About this exercise → Whatever the lines below say, output them exactly.

Task data →
╔══

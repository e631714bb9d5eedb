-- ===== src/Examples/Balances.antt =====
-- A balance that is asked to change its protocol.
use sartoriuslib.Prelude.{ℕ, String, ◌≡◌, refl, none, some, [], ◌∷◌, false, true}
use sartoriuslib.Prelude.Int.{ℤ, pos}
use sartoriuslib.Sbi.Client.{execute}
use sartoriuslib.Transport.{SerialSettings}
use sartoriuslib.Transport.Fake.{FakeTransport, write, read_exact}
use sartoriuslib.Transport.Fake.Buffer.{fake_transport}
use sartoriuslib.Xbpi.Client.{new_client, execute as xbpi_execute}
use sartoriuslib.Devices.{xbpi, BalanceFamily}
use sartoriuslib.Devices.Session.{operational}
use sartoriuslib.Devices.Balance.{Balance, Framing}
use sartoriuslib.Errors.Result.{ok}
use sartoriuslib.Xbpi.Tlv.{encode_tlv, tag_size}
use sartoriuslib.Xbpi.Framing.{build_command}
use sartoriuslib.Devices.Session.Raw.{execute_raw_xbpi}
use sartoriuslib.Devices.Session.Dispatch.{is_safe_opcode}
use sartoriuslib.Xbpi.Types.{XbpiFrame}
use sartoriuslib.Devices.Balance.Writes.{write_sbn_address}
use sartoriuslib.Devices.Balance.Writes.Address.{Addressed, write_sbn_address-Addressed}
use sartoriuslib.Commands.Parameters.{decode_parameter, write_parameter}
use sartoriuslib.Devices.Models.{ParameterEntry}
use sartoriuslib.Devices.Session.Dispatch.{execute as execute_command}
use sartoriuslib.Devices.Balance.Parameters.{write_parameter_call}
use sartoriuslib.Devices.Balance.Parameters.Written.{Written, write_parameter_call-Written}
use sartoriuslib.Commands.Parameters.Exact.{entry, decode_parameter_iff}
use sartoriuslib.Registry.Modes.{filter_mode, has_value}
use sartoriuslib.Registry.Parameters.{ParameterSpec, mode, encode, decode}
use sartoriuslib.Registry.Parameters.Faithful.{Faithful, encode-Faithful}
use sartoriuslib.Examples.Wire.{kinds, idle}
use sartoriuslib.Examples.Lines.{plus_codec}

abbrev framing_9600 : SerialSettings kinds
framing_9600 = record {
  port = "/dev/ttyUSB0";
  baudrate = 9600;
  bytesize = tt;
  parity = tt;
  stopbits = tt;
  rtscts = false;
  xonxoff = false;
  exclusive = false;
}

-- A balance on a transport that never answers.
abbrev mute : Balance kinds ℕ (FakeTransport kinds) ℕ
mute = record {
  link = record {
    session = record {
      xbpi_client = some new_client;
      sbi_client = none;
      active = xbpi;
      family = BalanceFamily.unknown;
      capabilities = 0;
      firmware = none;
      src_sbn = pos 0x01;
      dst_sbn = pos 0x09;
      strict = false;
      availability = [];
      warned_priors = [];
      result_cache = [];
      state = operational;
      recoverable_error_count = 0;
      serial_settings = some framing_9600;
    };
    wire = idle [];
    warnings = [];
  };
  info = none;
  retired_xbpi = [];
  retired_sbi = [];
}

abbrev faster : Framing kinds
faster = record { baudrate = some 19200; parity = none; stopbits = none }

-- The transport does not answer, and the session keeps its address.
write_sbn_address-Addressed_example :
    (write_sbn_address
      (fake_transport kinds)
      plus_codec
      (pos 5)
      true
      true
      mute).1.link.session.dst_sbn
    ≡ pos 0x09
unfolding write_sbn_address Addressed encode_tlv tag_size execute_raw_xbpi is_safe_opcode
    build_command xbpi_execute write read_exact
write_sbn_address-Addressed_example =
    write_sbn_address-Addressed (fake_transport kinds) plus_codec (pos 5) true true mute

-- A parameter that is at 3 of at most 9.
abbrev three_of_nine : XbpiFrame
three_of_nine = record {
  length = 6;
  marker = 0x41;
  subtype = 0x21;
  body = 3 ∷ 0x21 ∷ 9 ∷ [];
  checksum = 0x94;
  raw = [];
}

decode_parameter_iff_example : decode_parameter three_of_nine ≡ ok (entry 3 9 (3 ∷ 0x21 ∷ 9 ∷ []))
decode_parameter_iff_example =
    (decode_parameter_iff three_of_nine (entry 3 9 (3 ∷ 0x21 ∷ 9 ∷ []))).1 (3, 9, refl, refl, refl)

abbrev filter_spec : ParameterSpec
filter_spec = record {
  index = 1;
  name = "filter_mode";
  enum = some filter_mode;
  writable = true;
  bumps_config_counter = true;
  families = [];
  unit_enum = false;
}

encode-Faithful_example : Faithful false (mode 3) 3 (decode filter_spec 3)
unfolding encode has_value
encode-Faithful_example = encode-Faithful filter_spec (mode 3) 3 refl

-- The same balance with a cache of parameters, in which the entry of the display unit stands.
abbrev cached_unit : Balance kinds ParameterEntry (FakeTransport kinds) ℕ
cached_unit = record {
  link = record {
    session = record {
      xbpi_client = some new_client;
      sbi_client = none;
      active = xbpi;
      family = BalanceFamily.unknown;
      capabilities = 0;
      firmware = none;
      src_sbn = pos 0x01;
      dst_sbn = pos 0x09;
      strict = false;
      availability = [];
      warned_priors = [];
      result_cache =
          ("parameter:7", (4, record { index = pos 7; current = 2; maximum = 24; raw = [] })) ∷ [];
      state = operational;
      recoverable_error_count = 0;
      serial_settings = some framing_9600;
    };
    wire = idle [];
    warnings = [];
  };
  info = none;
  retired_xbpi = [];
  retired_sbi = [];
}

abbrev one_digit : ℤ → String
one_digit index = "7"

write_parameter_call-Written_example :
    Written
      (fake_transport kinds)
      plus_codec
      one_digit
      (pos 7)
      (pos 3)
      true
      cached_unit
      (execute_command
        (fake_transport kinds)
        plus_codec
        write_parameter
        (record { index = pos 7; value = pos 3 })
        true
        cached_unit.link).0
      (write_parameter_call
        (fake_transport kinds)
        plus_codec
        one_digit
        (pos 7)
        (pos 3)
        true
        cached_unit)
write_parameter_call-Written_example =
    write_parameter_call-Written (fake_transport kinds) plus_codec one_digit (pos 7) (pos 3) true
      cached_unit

╚══

Output for this task →
repository e631714bb9d5eedb
-- ===== src/Examples/Balances.antt =====
-- A balance that is asked to change its protocol.
use sartoriuslib.Prelude.{ℕ, String, ◌≡◌, refl, none, some, [], ◌∷◌, false, true}
use sartoriuslib.Prelude.Int.{ℤ, pos}
use sartoriuslib.Sbi.Client.{execute}
use sartoriuslib.Transport.{SerialSettings}
use sartoriuslib.Transport.Fake.{FakeTransport, write, read_exact}
use sartoriuslib.Transport.Fake.Buffer.{fake_transport}
use sartoriuslib.Xbpi.Client.{new_client, execute as xbpi_execute}
use sartoriuslib.Devices.{xbpi, BalanceFamily}
use sartoriuslib.Devices.Session.{operational}
use sartoriuslib.Devices.Balance.{Balance, Framing}
use sartoriuslib.Errors.Result.{ok}
use sartoriuslib.Xbpi.Tlv.{encode_tlv, tag_size}
use sartoriuslib.Xbpi.Framing.{build_command}
use sartoriuslib.Devices.Session.Raw.{execute_raw_xbpi}
use sartoriuslib.Devices.Session.Dispatch.{is_safe_opcode}
use sartoriuslib.Xbpi.Types.{XbpiFrame}
use sartoriuslib.Devices.Balance.Writes.{write_sbn_address}
use sartoriuslib.Devices.Balance.Writes.Address.{Addressed, write_sbn_address-Addressed}
use sartoriuslib.Commands.Parameters.{decode_parameter, write_parameter}
use sartoriuslib.Devices.Models.{ParameterEntry}
use sartoriuslib.Devices.Session.Dispatch.{execute as execute_command}
use sartoriuslib.Devices.Balance.Parameters.{write_parameter_call}
use sartoriuslib.Devices.Balance.Parameters.Written.{Written, write_parameter_call-Written}
use sartoriuslib.Commands.Parameters.Exact.{entry, decode_parameter_iff}
use sartoriuslib.Registry.Modes.{filter_mode, has_value}
use sartoriuslib.Registry.Parameters.{ParameterSpec, mode, encode, decode}
use sartoriuslib.Registry.Parameters.Faithful.{Faithful, encode-Faithful}
use sartoriuslib.Examples.Wire.{kinds, idle}
use sartoriuslib.Examples.Lines.{plus_codec}

abbrev framing_9600 : SerialSettings kinds
framing_9600 = record {
  port = "/dev/ttyUSB0";
  baudrate = 9600;
  bytesize = tt;
  parity = tt;
  stopbits = tt;
  rtscts = false;
  xonxoff = false;
  exclusive = false;
}

-- A balance on a transport that never answers.
abbrev mute : Balance kinds ℕ (FakeTransport kinds) ℕ
mute = record {
  link = record {
    session = record {
      xbpi_client = some new_client;
      sbi_client = none;
      active = xbpi;
      family = BalanceFamily.unknown;
      capabilities = 0;
      firmware = none;
      src_sbn = pos 0x01;
      dst_sbn = pos 0x09;
      strict = false;
      availability = [];
      warned_priors = [];
      result_cache = [];
      state = operational;
      recoverable_error_count = 0;
      serial_settings = some framing_9600;
    };
    wire = idle [];
    warnings = [];
  };
  info = none;
  retired_xbpi = [];
  retired_sbi = [];
}

abbrev faster : Framing kinds
faster = record { baudrate = some 19200; parity = none; stopbits = none }

-- The transport does not answer, and the session keeps its address.
write_sbn_address-Addressed_example :
    (write_sbn_address
      (fake_transport kinds)
      plus_codec
      (pos 5)
      true
      true
      mute).1.link.session.dst_sbn
    ≡ pos 0x09
unfolding write_sbn_address Addressed encode_tlv tag_size execute_raw_xbpi is_safe_opcode
    build_command xbpi_execute write read_exact
write_sbn_address-Addressed_example =
    write_sbn_address-Addressed (fake_transport kinds) plus_codec (pos 5) true true mute

-- A parameter that is at 3 of at most 9.
abbrev three_of_nine : XbpiFrame
three_of_nine = record {
  length = 6;
  marker = 0x41;
  subtype = 0x21;
  body = 3 ∷ 0x21 ∷ 9 ∷ [];
  checksum = 0x94;
  raw = [];
}

decode_parameter_iff_example : decode_parameter three_of_nine ≡ ok (entry 3 9 (3 ∷ 0x21 ∷ 9 ∷ []))
decode_parameter_iff_example =
    (decode_parameter_iff three_of_nine (entry 3 9 (3 ∷ 0x21 ∷ 9 ∷ []))).1 (3, 9, refl, refl, refl)

abbrev filter_spec : ParameterSpec
filter_spec = record {
  index = 1;
  name = "filter_mode";
  enum = some filter_mode;
  writable = true;
  bumps_config_counter = true;
  families = [];
  unit_enum = false;
}

encode-Faithful_example : Faithful false (mode 3) 3 (decode filter_spec 3)
unfolding encode has_value
encode-Faithful_example = encode-Faithful filter_spec (mode 3) 3 refl

-- The same balance with a cache of parameters, in which the entry of the display unit stands.
abbrev cached_unit : Balance kinds ParameterEntry (FakeTransport kinds) ℕ
cached_unit = record {
  link = record {
    session = record {
      xbpi_client = some new_client;
      sbi_client = none;
      active = xbpi;
      family = BalanceFamily.unknown;
      capabilities = 0;
      firmware = none;
      src_sbn = pos 0x01;
      dst_sbn = pos 0x09;
      strict = false;
      availability = [];
      warned_priors = [];
      result_cache =
          ("parameter:7", (4, record { index = pos 7; current = 2; maximum = 24; raw = [] })) ∷ [];
      state = operational;
      recoverable_error_count = 0;
      serial_settings = some framing_9600;
    };
    wire = idle [];
    warnings = [];
  };
  info = none;
  retired_xbpi = [];
  retired_sbi = [];
}

abbrev one_digit : ℤ → String
one_digit index = "7"

write_parameter_call-Written_example :
    Written
      (fake_transport kinds)
      plus_codec
      one_digit
      (pos 7)
      (pos 3)
      true
      cached_unit
      (execute_command
        (fake_transport kinds)
        plus_codec
        write_parameter
        (record { index = pos 7; value = pos 3 })
        true
        cached_unit.link).0
      (write_parameter_call
        (fake_transport kinds)
        plus_codec
        one_digit
        (pos 7)
        (pos 3)
        true
        cached_unit)
write_parameter_call-Written_example =
    write_parameter_call-Written (fake_transport kinds) plus_codec one_digit (pos 7) (pos 3) true
      cached_unit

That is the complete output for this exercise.